The process for claiming the ERC includes finishing the necessary types and consisting of the credit on your employment income tax return (normally Form 941). The exact time it takes to process the credit can differ based on numerous factors, consisting of the intricacy of your service and the workload of the internal revenue service. It’s advised to speak with a tax professional for guidance specific to your scenario.
There are several business that can assist with the procedure of declaring the ERC. Some widely known business that provide assistance with ERC claims consist of ADP, Paychex, Deloitte, and Ernst & Young.

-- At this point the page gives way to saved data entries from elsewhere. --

-- ===== src/Apiserver/Sdk/Query/Returns.antt =====
-- Query returns, if the peers' answers are not empty.
use test_fabric.Base.{
  String, ◌≡◌, refl, Bool, true, false, Option, none, some, List, [], ◌∷◌, Error, Result, ok, err,
}
use test_fabric.Base.Go.{done}
use test_fabric.Base.Total.{IsTotal, done-After}
use test_fabric.Apiserver.Define.{QueryResponse}
use test_fabric.Apiserver.Host.{Host, Ciphers}
use test_fabric.Apiserver.Message.Total.{HasSizes, format_response_message-done}
use test_fabric.Apiserver.Sdk.Peers.{
  ClientConfig, Policy, Network, set_send_peer_order, get_send_peer_name,
}
use test_fabric.Apiserver.Sdk.Peers.Ready.{empty_sdk}
use test_fabric.Apiserver.Sdk.Peers.Choice.{DrawsBelow}
use test_fabric.Apiserver.Sdk.Peers.Calls.{started, get_send_peer_name-IsEligible, one_name}
use test_fabric.Apiserver.Sdk.BlockQuery.{Answer}
use test_fabric.Apiserver.Sdk.Query.{
  ReplyCodec, read_messages, success_data, answer_decoded, answer_response, query,
}
use test_fabric.Apiserver.Sdk.Query.Agrees.{Agrees, query-Agrees}

-- An error, or an answer that begins with a response.
abbrev pub IsSpoken : Result (List (Option String)) → Type 0
IsSpoken (err e) = Unit
IsSpoken (ok []) = ⊥
IsSpoken (ok (none ∷ rest)) = ⊥
IsSpoken (ok (some payload ∷ rest)) = Unit

module _ (host : Host) (ciphers : Ciphers host.World) (sizes : HasSizes host)
    (network : Network host.World) (draws : DrawsBelow network) (codec : ReplyCodec)
    (user_id : String) (policy : Policy) (config : ClientConfig)
    (accepted : (set_send_peer_order policy (ok config) empty_sdk).0 ≡ none) where
  answer_decoded-IsTotal :
      (function : String) (flag : Bool) (got : QueryResponse × Option Error)
      → IsTotal (answer_decoded host ciphers network codec user_id function flag got)
  answer_decoded-IsTotal function flag (reply, some e) = λ w. (_, refl)
  answer_decoded-IsTotal function true (reply, none) = λ w. (_, refl)
  answer_decoded-IsTotal function false (reply, none) = λ w.
      let (fs, e, same) =
        format_response_message-done host ciphers sizes user_id []
          (read_messages codec reply.payload) w in
      rw e (_, refl)

  answer_response-IsTotal :
      (function : String) (flag : Bool) (response : Result (List (Option String)))
      → IsSpoken response
      → IsTotal (answer_response host ciphers network codec user_id function flag response)
  answer_response-IsTotal function flag (err e) spoken = λ w. (_, refl)
  answer_response-IsTotal function flag (ok []) spoken = absurd spoken
  answer_response-IsTotal function flag (ok (none ∷ rest)) spoken = absurd spoken
  answer_response-IsTotal function flag (ok (some payload ∷ rest)) spoken =
      answer_decoded-IsTotal function flag (codec.decode_response payload success_data)

  -- If SetSendPeerOrder accepts the configuration, the rule is "or", opened files have sizes,
  -- `rand.Intn` draws below its bound, and each peer's answer is an error or begins with a response,
  -- then Query returns. Its answer has an error that is the text of its status 1, and no list of
  -- texts, or it has no error, and its payload is a list of texts for a block query and a list of
  -- factors otherwise.
  pub query-done :
      (function request : String) (flag : Bool) (w : host.World)
      → policy.rule ≡ "or"
      → ((args peers : List String) (v : host.World) → IsSpoken (network.query args peers v).0)
      → (answer : Answer) × ((query host ciphers network codec user_id policy
            (started policy config)
            function
            request
            flag
            w).0
          ≡ done answer)
        × Agrees flag answer
  unfolding query
  query-done function request flag w rule_or spoken =
      let (names, e, all, single, each) =
        get_send_peer_name-IsEligible network draws policy config accepted w in
      let (peer, only, eligible) =
        one_name network draws policy config accepted names (single rule_or) all in
      let v = (get_send_peer_name network policy (started policy config) w).1 in
      let asked = network.query (function ∷ request ∷ []) (peer ∷ []) v in
      done-After (Agrees flag)
        (query host ciphers network codec user_id policy (started policy config) function request
          flag w).0
        (rw (e, only)
          (answer_response-IsTotal function flag asked.0
            (spoken (function ∷ request ∷ []) (peer ∷ []) v) asked.1))
        (query-Agrees host ciphers sizes network codec user_id policy (started policy config)
          function request flag w)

Please keep in mind that the info supplied here is based on general understanding and may not show the most recent updates or changes to the ERC. It is necessary to consult with a tax expert or check out the main IRS website for the most up-to-date and precise information regarding eligibility, declaring treatments, and available assistance.
Less than 100. The credit is based if the employer had 100 or fewer staff members on average in 2019.
on earnings paid to all workers whether they in fact worked or not. Simply put, even if the.
workers worked full time and got paid for full time work, the employer still gets the credit.
Greater than 100. The credit is if the company had more than 100 employees on average in 2019.
allowed only for wages paid to staff members who did not work during the calendar quarter.
In both cases, “wages” consists of not just money payments however also a portion of the expense of employer.
provided healthcare. Employee Retention Credit Payroll Tax Deferral
Employers can be immediately compensated for the credit by decreasing the quantity of payroll taxes they.